Install from pypi, for instance by running pip install aiosql.

Then write parametric SQL queries in a file and execute it from Python methods, eg this greetings.sql file:

-- name: get_all_greetings()
-- Get all the greetings in the database
select greeting_id, greeting
  from greetings
 order by 1;

-- name: get_user_by_username(username)^
-- Get a user from the database using a named parameter
select user_id, username, name
  from users
  where username = :username;

This example has an imaginary SQLite database with greetings and users.
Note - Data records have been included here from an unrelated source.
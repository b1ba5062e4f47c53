-- ===== src/Storage/Cache/Segment/History.antt =====
-- Any sequence of calls on a new `SegmentCache`.
use toradb.Prelude.{Eq, ℕ, ◌≤◌, ◌≡◌, ◌∙◌, List, [], ◌∷◌, arith, length, max, refl, sym, ap}
use toradb.Collections.Dict.{Dict, remove}
use toradb.Storage.Cache.Lru.{refresh, store, entries}
use toradb.Storage.Cache.Segment.{SegmentCache, new, get, insert, invalidate}
use toradb.Storage.Cache.Segment.Validity.{
  IsValid, IsValid-new, get-IsValid, insert-IsValid, invalidate-IsValid,
}
use toradb.Storage.Cache.Segment.Refinement.{
  view, length-view, get_refines, insert_refines, invalidate_refines,
}

pub data Call (K V : Type 0) : Type 0 where
  lookup_call : K → Call K V
  insert_call : K → V → Call K V
  invalidate_call : K → Call K V

module _ {K V : Type 0} ⦃e : Eq K⦄ where
  unfoldable pub step : Call K V → SegmentCache K V → SegmentCache K V
  step (lookup_call k) c = (get k c).0
  step (insert_call k v) c = insert k v c
  step (invalidate_call k) c = invalidate k c

  unfoldable pub run : List (Call K V) → SegmentCache K V → SegmentCache K V
  unfolding step
  run [] c = c
  run (call ∷ calls) c = run calls (step call c)

  -- The same calls on the least-recently-used list.
  unfoldable pub list_step : ℕ → Call K V → Dict K V → Dict K V
  list_step capacity (lookup_call k) l = refresh k l
  list_step capacity (insert_call k v) l = store capacity k v l
  list_step capacity (invalidate_call k) l = remove k l

  unfoldable pub list_run : ℕ → List (Call K V) → Dict K V → Dict K V
  unfolding list_step
  list_run capacity [] l = l
  list_run capacity (call ∷ calls) l = list_run capacity calls (list_step capacity call l)

  step-IsValid : (call : Call K V) (c : SegmentCache K V) → IsValid c → IsValid (step call c)
  unfolding step
  step-IsValid (lookup_call k) c h = get-IsValid k c h
  step-IsValid (insert_call k v) c h = insert-IsValid k v c h
  step-IsValid (invalidate_call k) c h = invalidate-IsValid k c h

  capacity-step : (call : Call K V) (c : SegmentCache K V) → (step call c).capacity ≡ c.capacity
  unfolding step get insert invalidate
  capacity-step (lookup_call k) c = ground arith
  capacity-step (insert_call k v) c = ground arith
  capacity-step (invalidate_call k) c = ground arith

  view-step :
      (call : Call K V) (c : SegmentCache K V)
      → IsValid c
      → view (step call c) ≡ list_step c.capacity call (view c)
  unfolding step list_step
  view-step (lookup_call k) c h = (get_refines k c h).1
  view-step (insert_call k v) c h = insert_refines k v c h
  view-step (invalidate_call k) c h = invalidate_refines k c h

  run_from :
      (n : ℕ) (calls : List (Call K V)) (c : SegmentCache K V)
      → c.capacity ≡ n
      → IsValid c
      → IsValid (run calls c)
        × ((run calls c).capacity ≡ n)
        × (view (run calls c) ≡ list_run n calls (view c))
  unfolding run list_run
  run_from n [] c size h = (h, size, refl)
  run_from n (call ∷ calls) c size h =
      let later =
        run_from n calls (step call c) (capacity-step call c ∙ size) (step-IsValid call c h) in
      (later.0, later.1, later.2 ∙ cc (view-step call c h, size))

  view-new : (n : ℕ) → view {K = K} {V = V} (new n) ≡ []
  unfolding new entries
  view-new n = refl

  -- Whatever the calls on a new segment cache, the entries in the order of its queue are those of
  -- the least-recently-used list of the same capacity, which is at least one, and the map holds as
  -- many entries as that list, never more than the capacity.
  pub run_refines :
      (n : ℕ) (calls : List (Call K V))
      → (view (run calls (new n)) ≡ list_run (max n 1) calls [])
        × (length (run calls (new n)).map ≡ length (list_run (max n 1) calls []))
        × (length (run calls (new n)).map ≤ max n 1)
  run_refines n calls =
      let ends = run_from (max n 1) calls (new n) (unfold new in refl) (IsValid-new n) in
      let same = ends.2 ∙ ap (list_run (max n 1) calls) (view-new n) in
      (same, sym (length-view _ ends.0) ∙ ap length same, omega (arith, ends.0.bounded, ends.1))

  -- Every cache that the calls can make is valid.
  pub run-IsValid : (n : ℕ) (calls : List (Call K V)) → IsValid (run calls (new n))
  run-IsValid n calls = (run_from (max n 1) calls (new n) (unfold new in refl) (IsValid-new n)).0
It prints greetings in various languages to the user and showcases the basic feature of being able to load queries from a SQL file and call them by name in python code. Query parameter declarations (eg (username)) are optional, and enforced when provided.

You can use aiosql to load the queries in this file for use in your Python application:

import aiosql
import sqlite3

queries = aiosql.from_path("greetings.sql", "sqlite3")
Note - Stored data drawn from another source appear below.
-- ===== src/Storage/Cache/Segment/Tests.antt =====
-- A `SegmentCache` at concrete inputs; paths are texts and documents are numbers.
use toradb.Prelude.{ℕ, ◌≤◌, ◌≡◌, refl, String, List, [], ◌∷◌, length, string_eq, none}
use toradb.Collections.Keys.{without}
use toradb.Collections.Dict.{lookup, contains_key, insert as put, remove}
use toradb.Storage.Cache.Lru.{refresh, store}
use toradb.Storage.Cache.Segment.{SegmentCache, new, touch, get, evict, insert, invalidate}
use toradb.Storage.Cache.Segment.Refinement.{view, get_refines, insert_refines}
use toradb.Storage.Cache.Segment.History.{
  Call, lookup_call, insert_call, invalidate_call, run, list_run, run_refines, run-IsValid,
}

abbrev calls : List (Call String ℕ)
calls =
    insert_call "/a" 1
    ∷ insert_call "/b" 2
    ∷ lookup_call "/a"
    ∷ insert_call "/c" 3
    ∷ invalidate_call "/x"
    ∷ []

abbrev full : SegmentCache String ℕ
full = run calls (new 2)

-- The entry that was not read goes first.
evicts_oldest :
    (full.order ≡ "/a" ∷ "/c" ∷ []) × (lookup "/b" full.map ≡ none) × (full.stats.hits ≡ 1)
unfolding run new touch get evict insert invalidate lookup contains_key put remove without
evicts_oldest = (refl, refl, refl)

run_refines_example :
    (view full ≡ list_run 2 calls [])
    × (length full.map ≡ length (list_run 2 calls []))
    × (length full.map ≤ 2)
run_refines_example = run_refines 2 calls

get_refines_example :
    ((get "/a" full).1 ≡ lookup "/a" (view full))
    × (view (get "/a" full).0 ≡ refresh "/a" (view full))
get_refines_example = get_refines "/a" full (run-IsValid 2 calls)

insert_refines_example : view (insert "/d" 7 full) ≡ store full.capacity "/d" 7 (view full)
insert_refines_example = insert_refines "/d" 7 full (run-IsValid 2 calls)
with sqlite3.connect("greetings.db") as conn:
    user = queries.get_user_by_username(conn, username="willvaughn")
    # user: (1, "willvaughn", "William")

    for _, greeting in queries.get_all_greetings(conn):
        # scan: (1, "Hi"), (2, "Aloha"), (3, "Hola"), …
        print(f"{greeting}, {user[2]}!")
    # Hi, William!
    # Aloha, William!
    # …

Or even in an asynchroneous way, with two SQL queries running in parallel using aiosqlite and asyncio:

import asyncio
import aiosql
import aiosqlite

queries = aiosql.from_path("greetings.sql", "aiosqlite")

async def main():
    # Parallel queries!!!
    async with aiosqlite.connect("greetings.db") as conn:
        greetings, user = await asyncio.gather(
            queries.get_all_greetings(conn),
            queries.get_user_by_username(conn, username="willvaughn")
        )

        for _, greeting in greetings:
            print(f"{greeting}, {user[2]}!")

asyncio.run(main())

It may seem inconvenient to provide a connection on each call. You may have a look at the AnoDB DB class which wraps both a database connection and queries in one connection-like extended object, including performing automatic reconnection when needed. The wrapper also allows to cache query results.

Why you might want to use this

  • You think SQL is pretty good, and writing SQL is an important part of your applications.
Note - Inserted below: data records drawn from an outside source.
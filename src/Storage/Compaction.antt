-- ===== src/Storage/Compaction.antt =====
-- crates/toradb-storage/src/compaction.rs: when segments are merged, which, and how. The sizes of
-- files are what the disk answers.
pub mod Policy
pub mod Scores
pub mod Names
pub mod Pick
pub mod Merge
pub mod Table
  • You don’t want to write your SQL in strings intermixed with your python code.

  • You’re not using an ORM like SQLAlchemy or Django , with large (100k lines) code imprints vs under 900 for aiosql and under 300 for anodb, and you don’t need to or don’t want to write SQL-like code with a Python syntax.

  • You want to be able to reuse your SQL in other contexts. Loading it into psql or other database tools.

Why you might NOT want to use this

  • You’re looking for an ORM.

  • You aren’t comfortable writing SQL code.

  • You don’t have anything in your application that requires complicated SQL beyond basic CRUD operations.

  • Dynamically loaded objects built at runtime really bother you.